* [WHAT IS NEEDED]: Hunt through the entries for the word "ResourceErrorDetail" and copy each line in which it appears.

[THE RECORDS Boundary: Start]

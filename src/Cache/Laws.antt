-- ===== src/Cache/Laws.antt =====
-- When the page cache of packages/core/src/cache.ts hands a page out, and what it keeps.
use flux_fast.Shared.{
  ◌≤◌, ◌<◌, String, ◌≡◌, refl, ap, ◌∙◌, Bool, true, false, not, str_eq, ◌&&◌, ◌||◌, Option, none,
  some, List, [], ◌∷◌, if◌then◌else◌, get_or, arith, elem, str_dec,
}
use flux_fast.Shared.JsMap.{
  Map, get, set, delete, keys, size, get-set, get-delete, size-trim, get-refresh,
}
use flux_fast.Store.State.{
  error, status_eq, ResourceRecord, ResourceStateSnapshot, missing_resource_state, ResourceStore,
}
use flux_fast.Store.Operations.{get_state_snapshot, get_record}
use flux_fast.Cache.{
  PageDescriptor, CachedPage, PageCacheManifest, PageCache, cached_page, set_page, holds_version,
  is_inherited, check_key, check_keys, get_valid,
}

-- Whether the store holds a version of a key, and it is not stale.
abbrev pub shows : Option ResourceRecord → String → Bool → Bool
shows none version stale = false
shows (some rec) version true = false
shows (some rec) version false = str_eq rec.version version

-- Whether a cached page still shows what the store holds of a key: a pending key always, a key with
-- a version if the store has that version and it is not stale, any other if its status is an error.
-- A key without a version that is spelled like what every object inherits is never fresh.
abbrev pub is_fresh_by : Option String → String → ResourceStore → Bool
is_fresh_by (some version) key s =
    shows (get str_dec key s.records) version (elem str_dec key s.stale_keys)
is_fresh_by none key s =
    not (is_inherited key)
    && status_eq (get_or (get str_dec key s.state_snapshots) missing_resource_state).status error

abbrev pub is_fresh : CachedPage → String → ResourceStore → Bool
is_fresh entry key s =
    elem str_dec key entry.pending_deferred || is_fresh_by (get str_dec key entry.resources) key s

abbrev pub all_fresh : CachedPage → List String → ResourceStore → Bool
all_fresh entry [] s = true
all_fresh entry (key ∷ keys) s = is_fresh entry key s && all_fresh entry keys s

-- Two stores that differ in nothing but the LRU order.
pub record SameContents (s t : ResourceStore) : Type 0 where
  pub records : t.records ≡ s.records
  pub state_snapshots : t.state_snapshots ≡ s.state_snapshots
  pub stale_keys : t.stale_keys ≡ s.stale_keys
  pub calls : t.calls ≡ s.calls

SameContents-trans :
    {s t u : ResourceStore} → SameContents s t → SameContents t u → SameContents s u
SameContents-trans p q = record {
  records = q.records ∙ p.records;
  state_snapshots = q.state_snapshots ∙ p.state_snapshots;
  stale_keys = q.stale_keys ∙ p.stale_keys;
  calls = q.calls ∙ p.calls;
}

check_key-SameContents :
    (o : Option String) (key : String) (s : ResourceStore) → SameContents s (check_key o key s).0
unfolding check_key get_record get_state_snapshot
check_key-SameContents none key s = ground arith
check_key-SameContents (some v) key s = ground arith

check_key-is_fresh :
    (o : Option String) (key : String) (s : ResourceStore)
    → (check_key o key s).1 ≡ is_fresh_by o key s
unfolding check_key get_record get_state_snapshot
check_key-is_fresh none key s = ground arith
check_key-is_fresh (some v) key s =
    ground (arith, held (get str_dec key s.records) (elem str_dec key s.stale_keys))
  where
    held : (o : Option ResourceRecord) (stale : Bool) → holds_version o v stale ≡ shows o v stale
    held none stale = refl
    held (some rec) true = ground arith
    held (some rec) false = ground arith

all_fresh-SameContents :
    (entry : CachedPage) (ks : List String) (s t : ResourceStore)
    → SameContents s t
    → all_fresh entry ks t ≡ all_fresh entry ks s
all_fresh-SameContents entry [] s t h = refl
all_fresh-SameContents entry (key ∷ ks) s t h =
    let by : is_fresh_by (get str_dec key entry.resources) key t
        ≡ is_fresh_by (get str_dec key entry.resources) key s =
      same (get str_dec key entry.resources) in
    rw (by, all_fresh-SameContents entry ks s t h)
  where
    same : (o : Option String) → is_fresh_by o key t ≡ is_fresh_by o key s
    same none =
        ap
          (λ (m : Map String ResourceStateSnapshot).
            not (is_inherited key)
            && status_eq (get_or (get str_dec key m) missing_resource_state).status error)
          h.state_snapshots
    same (some v) = rw (h.records, h.stale_keys)

check_keys_lem :
    (entry : CachedPage) (ks : List String) (s : ResourceStore)
    → ((check_keys entry ks s).1 ≡ all_fresh entry ks s) × SameContents s (check_keys entry ks s).0
unfolding check_keys
check_keys_lem entry [] s =
    (refl, record { records = refl; state_snapshots = refl; stale_keys = refl; calls = refl })
check_keys_lem entry (key ∷ ks) s =
    go (elem str_dec key entry.pending_deferred) (check_key o key s).1 (is_fresh_by o key s)
      (check_key-is_fresh o key s) (check_keys_lem entry ks s)
      (check_keys_lem entry ks (check_key (get str_dec key entry.resources) key s).0)
  where
    o : Option String
    o = get str_dec key entry.resources

    s₁ : ResourceStore
    s₁ = (check_key o key s).0

    go :
        (skip fine fresh : Bool)
        → fine ≡ fresh
        → ((check_keys entry ks s).1 ≡ all_fresh entry ks s)
          × SameContents s (check_keys entry ks s).0
        → ((check_keys entry ks s₁).1 ≡ all_fresh entry ks s₁)
          × SameContents s₁ (check_keys entry ks s₁).0
        → let r =
            (if skip
              then check_keys entry ks s
              else if fine
              then check_keys entry ks s₁
              else (s₁, false)) in
          (r.1 ≡ ((skip || fresh) && all_fresh entry ks s)) × SameContents s r.0
    go true fine fresh e ih ih₁ = ih
    go false true fresh e ih (fine, rest) =
        let same = check_key-SameContents o key s in
        (rw (← e) (fine ∙ all_fresh-SameContents entry ks s s₁ same), SameContents-trans same rest)
    go false false fresh e ih ih₁ = (rw (← e) refl, check_key-SameContents o key s)

-- A cached page is handed out exactly when every one of its resource keys is pending on the page, or
-- its version on the page is the store's and not stale, or has no version on the page, a status of
-- error in the store, and no name that every object inherits: it is then the answer and stays cached, and otherwise it is forgotten. Either way the store keeps
-- its records, snapshots and stale keys, and calls no subscriber.
pub get_valid_lem :
    (url : String) (c : PageCache) (s : ResourceStore) (entry : CachedPage)
    → get str_dec url c.entries ≡ some entry
    → ((get_valid url c s).2 ≡ (if all_fresh entry entry.resource_keys s then some entry else none))
      × (get str_dec url (get_valid url c s).0.entries ≡ (get_valid url c s).2)
      × SameContents s (get_valid url c s).1
unfolding get_valid
get_valid_lem url c s entry e =
    rw (e, get_valid)
      (go (check_keys entry entry.resource_keys s).1 (all_fresh entry entry.resource_keys s)
        (check_keys_lem entry entry.resource_keys s).0)
  where
    s₁ : ResourceStore
    s₁ = (check_keys entry entry.resource_keys s).0

    go :
        (valid fresh : Bool)
        → valid ≡ fresh
        → let r : PageCache × ResourceStore × Option CachedPage =
            (if valid
              then (
                record c { entries = set str_dec url entry (delete str_dec url c.entries) },
                s₁,
                some entry,
              )
              else (record c { entries = delete str_dec url c.entries }, s₁, none)) in
          (r.2 ≡ (if fresh then some entry else none))
          × (get str_dec url r.0.entries ≡ r.2)
          × SameContents s r.1
    go true fresh q = (
      rw (← q) refl,
      ground (arith, get-set str_dec url url entry (delete str_dec url c.entries)),
      (check_keys_lem entry entry.resource_keys s).1,
    )
    go false fresh q = (
      rw (← q) refl,
      ground (arith, get-delete str_dec url url c.entries),
      (check_keys_lem entry entry.resource_keys s).1,
    )

-- A page that is set is found, whatever was evicted, and there are at most `maxPages` pages.
pub set_page_lem :
    (page : PageDescriptor) (resources : Map String String) (manifest : Option PageCacheManifest)
    (c : PageCache)
    → 0 < c.max_pages
    → (get str_dec page.url (set_page page resources manifest c).entries
        ≡ some (cached_page page resources manifest))
      × (size (set_page page resources manifest c).entries ≤ c.max_pages)
unfolding set_page
set_page_lem page resources manifest c p = (
  get-refresh str_dec c.max_pages page.url (cached_page page resources manifest) c.entries p,
  size-trim c.max_pages _,
)
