-- ===== src/Envelope.antt =====
-- The envelopes of packages/core/src/protocol.ts, after they were decoded, and the class PageStore
-- of packages/core/src/store.ts, which keeps the page that is shown.
use native.Mathlib.Decide.{ℕ_discrete}
use flux_fast.Shared.{ℕ, String, Option, some, List, [], ◌++◌, add, remove, get_or}
use flux_fast.Shared.JsMap.{Map}
use flux_fast.Value.{Fields, end}
use flux_fast.Mutation.{ResourcePatch}
use flux_fast.Cache.{PageDescriptor}
use flux_fast.Store.State.{ResourceErrorDetail}
use flux_fast.Store.Changes.{ResourceWireRecord}

-- An envelope is an object: `ref` is the reference by which it is rejected as a prefetch.
pub record PageEnvelope : Type 0 where
  pub ref : ℕ
  pub page : PageDescriptor
  pub resources : Map String ResourceWireRecord
  pub resource_keys : Option (List String)
  pub deferred : Option (List String)
  pub live : Option (List String)
  pub resource_errors : Option (Map String ResourceErrorDetail)

pub record MutationPayload : Type 0 where
  pub patches : Option (Map String (List ResourcePatch))
  pub invalidate : Option (List String)
  pub redirect : Option String
  pub external_redirect : Option String

pub record PageState : Type 0 where
  pub component : String
  pub url : String
  pub meta : Fields

-- `calls` lists the subscribers that were called.
pub record PageStore : Type 0 where
  pub state : PageState
  pub subscribers : List ℕ
  pub calls : List ℕ

abbrev pub page_state : PageDescriptor → PageState
page_state page = record { component = page.component; url = page.url; meta = get_or page.meta end }

abbrev pub no_page : PageDescriptor
no_page = record { component = ""; url = ""; meta = some end }

abbrev pub new_page_store : Option PageDescriptor → PageStore
new_page_store initial_page = record {
  state = page_state (get_or initial_page no_page);
  subscribers = [];
  calls = [];
}

abbrev pub subscribe_page : ℕ → PageStore → PageStore
subscribe_page callback s = record s { subscribers = add ℕ_discrete callback s.subscribers }

abbrev pub unsubscribe_page : ℕ → PageStore → PageStore
unsubscribe_page callback s = record s { subscribers = remove ℕ_discrete callback s.subscribers }

abbrev pub set_page_state : PageDescriptor → PageStore → PageStore
set_page_state page s = record s { state = page_state page; calls = s.calls ++ s.subscribers }

abbrev pub clear_page_state : PageStore → PageStore
clear_page_state s = set_page_state no_page s
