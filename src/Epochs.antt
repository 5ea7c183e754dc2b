-- ===== src/Epochs.antt =====
-- packages/core/src/resource-epochs.ts, the class ResourceEpochMap: a bounded history of the epochs
-- at which resources were last asked for, with watermarks for what it has forgotten.
pub mod Laws
pub mod Bounds
use flux_fast.Shared.{
  ℕ, suc, String, Bool, true, false, Option, none, some, List, [], ◌∷◌, max, ltb, ◌==◌,
  if◌then◌else◌, str_dec,
}
use flux_fast.Shared.JsMap
use flux_fast.Shared.JsMap.{Map, size}

pub record ResourceEpoch : Type 0 where
  pub epoch : ℕ
  pub authoritative_epoch : ℕ
  pub conservative : Bool

abbrev pub max_resource_epoch_entries : ℕ
max_resource_epoch_entries = 1024

-- `entries` is the map that the class extends.
pub record ResourceEpochMap : Type 0 where
  pub entries : Map String ResourceEpoch
  pub evicted_epoch : ℕ
  pub evicted_authoritative_epoch : ℕ

abbrev pub new_map : ResourceEpochMap
new_map = record { entries = []; evicted_epoch = 0; evicted_authoritative_epoch = 0 }

-- What is said of a key with no entry.
abbrev pub watermark : ResourceEpochMap → Option ResourceEpoch
watermark m =
    if m.evicted_epoch == 0
    then none
    else some (record {
      epoch = m.evicted_epoch;
      authoritative_epoch = m.evicted_authoritative_epoch;
      conservative = true;
    })

abbrev pub or_else : Option ResourceEpoch → Option ResourceEpoch → Option ResourceEpoch
or_else none o = o
or_else (some e) o = some e

unfoldable pub get : String → ResourceEpochMap → Option ResourceEpoch
get key m = or_else (JsMap.get str_dec key m.entries) (watermark m)

-- The `while` loop of `set`; the oldest key comes first, and occurs once.
unfoldable pub evict : Map String ResourceEpoch → ℕ → ℕ → ResourceEpochMap
evict [] epoch authoritative = record {
  entries = [];
  evicted_epoch = epoch;
  evicted_authoritative_epoch = authoritative;
}
evict ((oldest, evicted) ∷ rest) epoch authoritative =
    let trimmed =
      evict rest (max epoch evicted.epoch) (max authoritative evicted.authoritative_epoch) in
    if ltb max_resource_epoch_entries (suc (size rest)) then trimmed else record {
      entries = (oldest, evicted) ∷ rest;
      evicted_epoch = epoch;
      evicted_authoritative_epoch = authoritative;
    }

unfoldable pub set : String → ResourceEpoch → ResourceEpochMap → ResourceEpochMap
unfolding evict
set key value m =
    evict (JsMap.set str_dec key value (JsMap.delete str_dec key m.entries)) m.evicted_epoch
      m.evicted_authoritative_epoch

unfoldable pub clear : ResourceEpochMap → ResourceEpochMap
clear m = new_map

[THE RECORDS Boundary: End]

* [EXERCISE OUTPUT]:
use flux_fast.Store.State.{ResourceErrorDetail}
  pub resource_errors : Option (Map String ResourceErrorDetail)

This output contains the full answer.